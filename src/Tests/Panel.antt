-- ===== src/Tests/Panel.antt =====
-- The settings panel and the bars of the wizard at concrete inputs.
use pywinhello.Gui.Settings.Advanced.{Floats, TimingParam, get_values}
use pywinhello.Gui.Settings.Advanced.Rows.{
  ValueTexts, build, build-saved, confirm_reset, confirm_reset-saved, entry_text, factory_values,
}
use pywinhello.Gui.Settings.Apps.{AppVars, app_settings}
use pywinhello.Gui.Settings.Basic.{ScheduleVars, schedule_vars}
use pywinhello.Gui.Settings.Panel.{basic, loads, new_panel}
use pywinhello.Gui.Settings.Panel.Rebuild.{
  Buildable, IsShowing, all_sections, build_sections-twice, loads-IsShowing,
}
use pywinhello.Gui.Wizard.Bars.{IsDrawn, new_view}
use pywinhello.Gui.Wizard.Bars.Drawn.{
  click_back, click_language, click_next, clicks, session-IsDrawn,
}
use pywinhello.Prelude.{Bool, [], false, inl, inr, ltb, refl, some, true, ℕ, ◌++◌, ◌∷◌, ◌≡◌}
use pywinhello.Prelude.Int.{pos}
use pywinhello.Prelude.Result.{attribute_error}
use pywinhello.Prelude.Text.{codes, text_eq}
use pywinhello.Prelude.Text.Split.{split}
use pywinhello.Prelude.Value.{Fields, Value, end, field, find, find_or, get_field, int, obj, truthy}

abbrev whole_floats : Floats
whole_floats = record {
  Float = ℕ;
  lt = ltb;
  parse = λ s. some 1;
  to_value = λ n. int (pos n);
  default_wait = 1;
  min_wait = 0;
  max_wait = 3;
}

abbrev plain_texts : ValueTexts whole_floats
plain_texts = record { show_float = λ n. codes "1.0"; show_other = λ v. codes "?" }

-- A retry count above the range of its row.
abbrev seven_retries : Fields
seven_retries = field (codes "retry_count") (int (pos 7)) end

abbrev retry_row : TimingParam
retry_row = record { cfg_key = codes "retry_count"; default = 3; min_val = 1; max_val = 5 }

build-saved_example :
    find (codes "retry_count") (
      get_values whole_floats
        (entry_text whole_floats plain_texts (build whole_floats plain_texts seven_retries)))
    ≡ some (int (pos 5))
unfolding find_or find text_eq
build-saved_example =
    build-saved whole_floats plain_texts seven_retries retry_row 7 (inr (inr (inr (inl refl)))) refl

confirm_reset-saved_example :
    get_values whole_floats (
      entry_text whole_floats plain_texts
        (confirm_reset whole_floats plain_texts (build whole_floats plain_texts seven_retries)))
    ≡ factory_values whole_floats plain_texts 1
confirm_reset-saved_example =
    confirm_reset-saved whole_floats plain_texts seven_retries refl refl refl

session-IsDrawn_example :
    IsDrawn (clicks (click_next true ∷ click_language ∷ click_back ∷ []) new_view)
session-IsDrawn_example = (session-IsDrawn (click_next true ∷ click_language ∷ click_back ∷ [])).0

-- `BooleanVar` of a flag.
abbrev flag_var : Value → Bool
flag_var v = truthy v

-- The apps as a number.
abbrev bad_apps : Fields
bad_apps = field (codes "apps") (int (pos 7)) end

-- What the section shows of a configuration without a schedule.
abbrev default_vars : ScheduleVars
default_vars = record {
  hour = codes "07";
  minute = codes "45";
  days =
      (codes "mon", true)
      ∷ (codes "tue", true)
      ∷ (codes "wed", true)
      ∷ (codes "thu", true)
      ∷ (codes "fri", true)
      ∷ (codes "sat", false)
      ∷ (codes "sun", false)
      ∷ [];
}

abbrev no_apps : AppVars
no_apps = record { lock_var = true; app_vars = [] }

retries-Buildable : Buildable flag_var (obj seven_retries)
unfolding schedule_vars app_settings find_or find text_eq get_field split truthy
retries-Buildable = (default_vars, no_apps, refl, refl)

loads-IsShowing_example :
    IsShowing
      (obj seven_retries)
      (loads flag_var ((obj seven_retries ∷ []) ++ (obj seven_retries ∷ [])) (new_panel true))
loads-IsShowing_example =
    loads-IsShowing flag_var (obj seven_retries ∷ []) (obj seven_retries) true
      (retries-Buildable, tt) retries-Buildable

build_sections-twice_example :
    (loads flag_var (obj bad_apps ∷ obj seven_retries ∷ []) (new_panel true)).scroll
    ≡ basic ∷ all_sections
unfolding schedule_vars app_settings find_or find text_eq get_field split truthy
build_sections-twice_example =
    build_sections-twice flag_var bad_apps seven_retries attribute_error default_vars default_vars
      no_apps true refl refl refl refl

Directions for this task: Write the records above out again precisely.

Response below:
filename src/Tests/Panel.antt
-- ===== src/Tests/Panel.antt =====
-- The settings panel and the bars of the wizard at concrete inputs.
use pywinhello.Gui.Settings.Advanced.{Floats, TimingParam, get_values}
use pywinhello.Gui.Settings.Advanced.Rows.{
  ValueTexts, build, build-saved, confirm_reset, confirm_reset-saved, entry_text, factory_values,
}
use pywinhello.Gui.Settings.Apps.{AppVars, app_settings}
use pywinhello.Gui.Settings.Basic.{ScheduleVars, schedule_vars}
use pywinhello.Gui.Settings.Panel.{basic, loads, new_panel}
use pywinhello.Gui.Settings.Panel.Rebuild.{
  Buildable, IsShowing, all_sections, build_sections-twice, loads-IsShowing,
}
use pywinhello.Gui.Wizard.Bars.{IsDrawn, new_view}
use pywinhello.Gui.Wizard.Bars.Drawn.{
  click_back, click_language, click_next, clicks, session-IsDrawn,
}
use pywinhello.Prelude.{Bool, [], false, inl, inr, ltb, refl, some, true, ℕ, ◌++◌, ◌∷◌, ◌≡◌}
use pywinhello.Prelude.Int.{pos}
use pywinhello.Prelude.Result.{attribute_error}
use pywinhello.Prelude.Text.{codes, text_eq}
use pywinhello.Prelude.Text.Split.{split}
use pywinhello.Prelude.Value.{Fields, Value, end, field, find, find_or, get_field, int, obj, truthy}

abbrev whole_floats : Floats
whole_floats = record {
  Float = ℕ;
  lt = ltb;
  parse = λ s. some 1;
  to_value = λ n. int (pos n);
  default_wait = 1;
  min_wait = 0;
  max_wait = 3;
}

abbrev plain_texts : ValueTexts whole_floats
plain_texts = record { show_float = λ n. codes "1.0"; show_other = λ v. codes "?" }

-- A retry count above the range of its row.
abbrev seven_retries : Fields
seven_retries = field (codes "retry_count") (int (pos 7)) end

abbrev retry_row : TimingParam
retry_row = record { cfg_key = codes "retry_count"; default = 3; min_val = 1; max_val = 5 }

build-saved_example :
    find (codes "retry_count") (
      get_values whole_floats
        (entry_text whole_floats plain_texts (build whole_floats plain_texts seven_retries)))
    ≡ some (int (pos 5))
unfolding find_or find text_eq
build-saved_example =
    build-saved whole_floats plain_texts seven_retries retry_row 7 (inr (inr (inr (inl refl)))) refl

confirm_reset-saved_example :
    get_values whole_floats (
      entry_text whole_floats plain_texts
        (confirm_reset whole_floats plain_texts (build whole_floats plain_texts seven_retries)))
    ≡ factory_values whole_floats plain_texts 1
confirm_reset-saved_example =
    confirm_reset-saved whole_floats plain_texts seven_retries refl refl refl

session-IsDrawn_example :
    IsDrawn (clicks (click_next true ∷ click_language ∷ click_back ∷ []) new_view)
session-IsDrawn_example = (session-IsDrawn (click_next true ∷ click_language ∷ click_back ∷ [])).0

-- `BooleanVar` of a flag.
abbrev flag_var : Value → Bool
flag_var v = truthy v

-- The apps as a number.
abbrev bad_apps : Fields
bad_apps = field (codes "apps") (int (pos 7)) end

-- What the section shows of a configuration without a schedule.
abbrev default_vars : ScheduleVars
default_vars = record {
  hour = codes "07";
  minute = codes "45";
  days =
      (codes "mon", true)
      ∷ (codes "tue", true)
      ∷ (codes "wed", true)
      ∷ (codes "thu", true)
      ∷ (codes "fri", true)
      ∷ (codes "sat", false)
      ∷ (codes "sun", false)
      ∷ [];
}

abbrev no_apps : AppVars
no_apps = record { lock_var = true; app_vars = [] }

retries-Buildable : Buildable flag_var (obj seven_retries)
unfolding schedule_vars app_settings find_or find text_eq get_field split truthy
retries-Buildable = (default_vars, no_apps, refl, refl)

loads-IsShowing_example :
    IsShowing
      (obj seven_retries)
      (loads flag_var ((obj seven_retries ∷ []) ++ (obj seven_retries ∷ [])) (new_panel true))
loads-IsShowing_example =
    loads-IsShowing flag_var (obj seven_retries ∷ []) (obj seven_retries) true
      (retries-Buildable, tt) retries-Buildable

build_sections-twice_example :
    (loads flag_var (obj bad_apps ∷ obj seven_retries ∷ []) (new_panel true)).scroll
    ≡ basic ∷ all_sections
unfolding schedule_vars app_settings find_or find text_eq get_field split truthy
build_sections-twice_example =
    build_sections-twice flag_var bad_apps seven_retries attribute_error default_vars default_vars
      no_apps true refl refl refl refl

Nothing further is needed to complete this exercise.